Encouraging Doubt

Question mark

Greetings friends,

Between writing sermons, Veritas talks, attending classes, and getting caught up with all the reading for said classes, I've been working my way EXTREMELY slowly through two books that I see have a pretty sizable connection. You Lost Me by David Kinnaman and Sticky Faith by Kara Powel and Chap Clark. The question ahead of us in both books is, why is it that young people are leaving the church after their high school careers, and what (if anything) can we in the church do to avoid it?

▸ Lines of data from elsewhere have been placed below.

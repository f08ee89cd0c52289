-- ===== src/Unlit/Count.antt =====
-- utils/unlit/unlit.c: `unlit` writes as many lines as it reads.
pub mod Round
use ghc_xapp_fix.Prelude.{
  ℕ, zero, suc, ◌+◌, ◌≡◌, ◌≢◌, refl, ap, sym, ◌∙◌, true, false, some, List, [], ◌++◌, inl, inr,
  length, All, arith, Bool-cases,
}
use ghc_xapp_fix.Unlit.{
  begin, end, shebang, Flags, same_line, State, note_line, Done, finish, go_on, unlit_loop, unlit,
}
use ghc_xapp_fix.Unlit.Tabs.{line_text, IsStart}
use ghc_xapp_fix.Unlit.Lines.{line_kind, readline-ReadsLine}
use ghc_xapp_fix.Unlit.Script.{
  lines_of, newlines, IsOrdinary, newlines-append, newlines-line_text, lines_of-IsOrdinary,
}
use ghc_xapp_fix.Unlit.Count.Round.{
  Runs, IsReady, note_line_lem, nil_cases, readline-Ends, one_newline, code_block_lem, go_on_lem,
  line_noted, finish_lem, line_text-start,
}

module _ (f : Flags) (cpp : f.leavecpp ≡ true) (drops : f.ignore_shebang ≡ true)
    (crunch : f.crunchnl ≡ false) where
  loop_end :
      (fuel : ℕ) (s : State)
      → IsStart s.input
      → s.input.rest ≡ []
      → Runs s (unlit_loop (suc fuel) f s)
  unfolding unlit_loop go_on lines_of newlines
  loop_end fuel s fresh e =
      let m = readline-Ends f s.input fresh.0 e in
      let n = note_line_lem f s m.read in
      let t = note_line f s m.read in
      rw (m.run, m.line)
        (record {
          done = finish f t;
          run = refl;
          counts = λ _. omega (
            arith,
            ap newlines (finish_lem f t ∙ n.0 ∙ ap (λ w. s.written ++ w) m.written),
            newlines-append s.written [],
            ap (λ cs. length (lines_of cs)) e,
          );
        })

  loop_line :
      (fuel : ℕ) (s : State)
      → IsReady (suc fuel) s
      → s.input.rest ≢ []
      → ((t : State) → IsReady fuel t → Runs t (unlit_loop fuel f t))
      → Runs s (unlit_loop (suc fuel) f s)
  unfolding unlit_loop
  loop_line fuel s ready ne more =
      let here = line_text-start s.input ready.start ne in
      let fine = (lines_of-IsOrdinary s.input.rest ne ready.ordinary).0 in
      let m = readline-ReadsLine f cpp drops s.input ne (λ e. fine.0 (sym here ∙ e)) in
      let unlike : line_kind (line_text s.input) ≢ shebang =
        λ e. fine.1 (ap line_kind (sym here) ∙ e) in
      let c = line_noted fuel f s m.read crunch ne ready m.written m.fresh m.rest unlike in
      let t = note_line f s m.read in
      let inside : same_line m.read.line end ≡ false =
        ap (λ k. same_line k end) m.line
        ∙ (one_newline (line_text s.input) (newlines-line_text s.input) unlike).1 in
      elim (Bool-cases (same_line m.read.line begin)) [
        | inl code ↦
            let b = code_block_lem fuel f t c.0 in
            rw (m.run, code, b.run, inside)
              (go_on_lem fuel f s t (unlit_loop fuel f) b.after c.1 b.what more)
        | inr plain ↦
            rw (m.run, plain, inside)
              (go_on_lem fuel f s t (unlit_loop fuel f) (inr t) c.1 (c.0, refl) more)
      ]

  unlit_loop-Runs : (fuel : ℕ) (s : State) → IsReady fuel s → Runs s (unlit_loop fuel f s)
  unlit_loop-Runs zero s ready = absurd (omega (arith, ready.enough))
  unlit_loop-Runs (suc fuel) s ready = elim (nil_cases s.input.rest) [
    | inl e ↦ loop_end fuel s ready.start e
    | inr ne ↦ loop_line fuel s ready ne (λ t r. unlit_loop-Runs fuel t r)
  ]

  -- With the flags that a run without options has (of which `-q` and others that do not matter
  -- here may differ), on a script in which no line is `#` alone, or starts with `#!`, or is longer
  -- than the buffer: `unlit` ends, and unless it exits because an `\end{code}` is missing, it has
  -- written as many newlines as the script has lines.
  pub newlines-unlit :
      (cs : List ℕ)
      → All IsOrdinary (lines_of cs)
      → (done : Done) × (unlit f cs ≡ some done)
        × (done.exited ≡ false → newlines done.state.written ≡ length (lines_of cs))
  unfolding unlit newlines
  newlines-unlit cs ordinary =
      let m =
        unlit_loop-Runs (length cs + 2) _
          (record { start = (refl, inl refl); ordinary = ordinary; enough = omega arith }) in
      (m.done, m.run, λ e. omega (arith, m.counts e))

There are lots of answers to those questions to be sure, and I'm only a chapter or two into either book. But the one thing that struck me about these opening chapters is the importance of allowing our teenagers the freedom to doubt, to express their doubts, and to face down the questions that will surely be asked of them when they leave the safety of the Church. All too often, I think we're too afraid to allow our students the time and the space to wrestle with their faith. I think we try to hand them neatly packaged answers, even if the answers we have are for questions that our students aren't asking.

What's to be afraid of? For starters, the kinds of things that our students may be doubting in our youth rooms are the kind of things they will be faced with in their college careers. So why not introduce the questions now, in a safe space, where we can help them learn how to use the tools God's given us to discover in our faith? Jacob wrestled with God and was rewarded for it. Don't you think we and our students will be rewarded for throwing the mats down and letting our kids wrestle with God?

I'd love to hear some thoughts on this from you in the field. How do you encourage doubt in your students? What are the kind of doubts that your students are facing?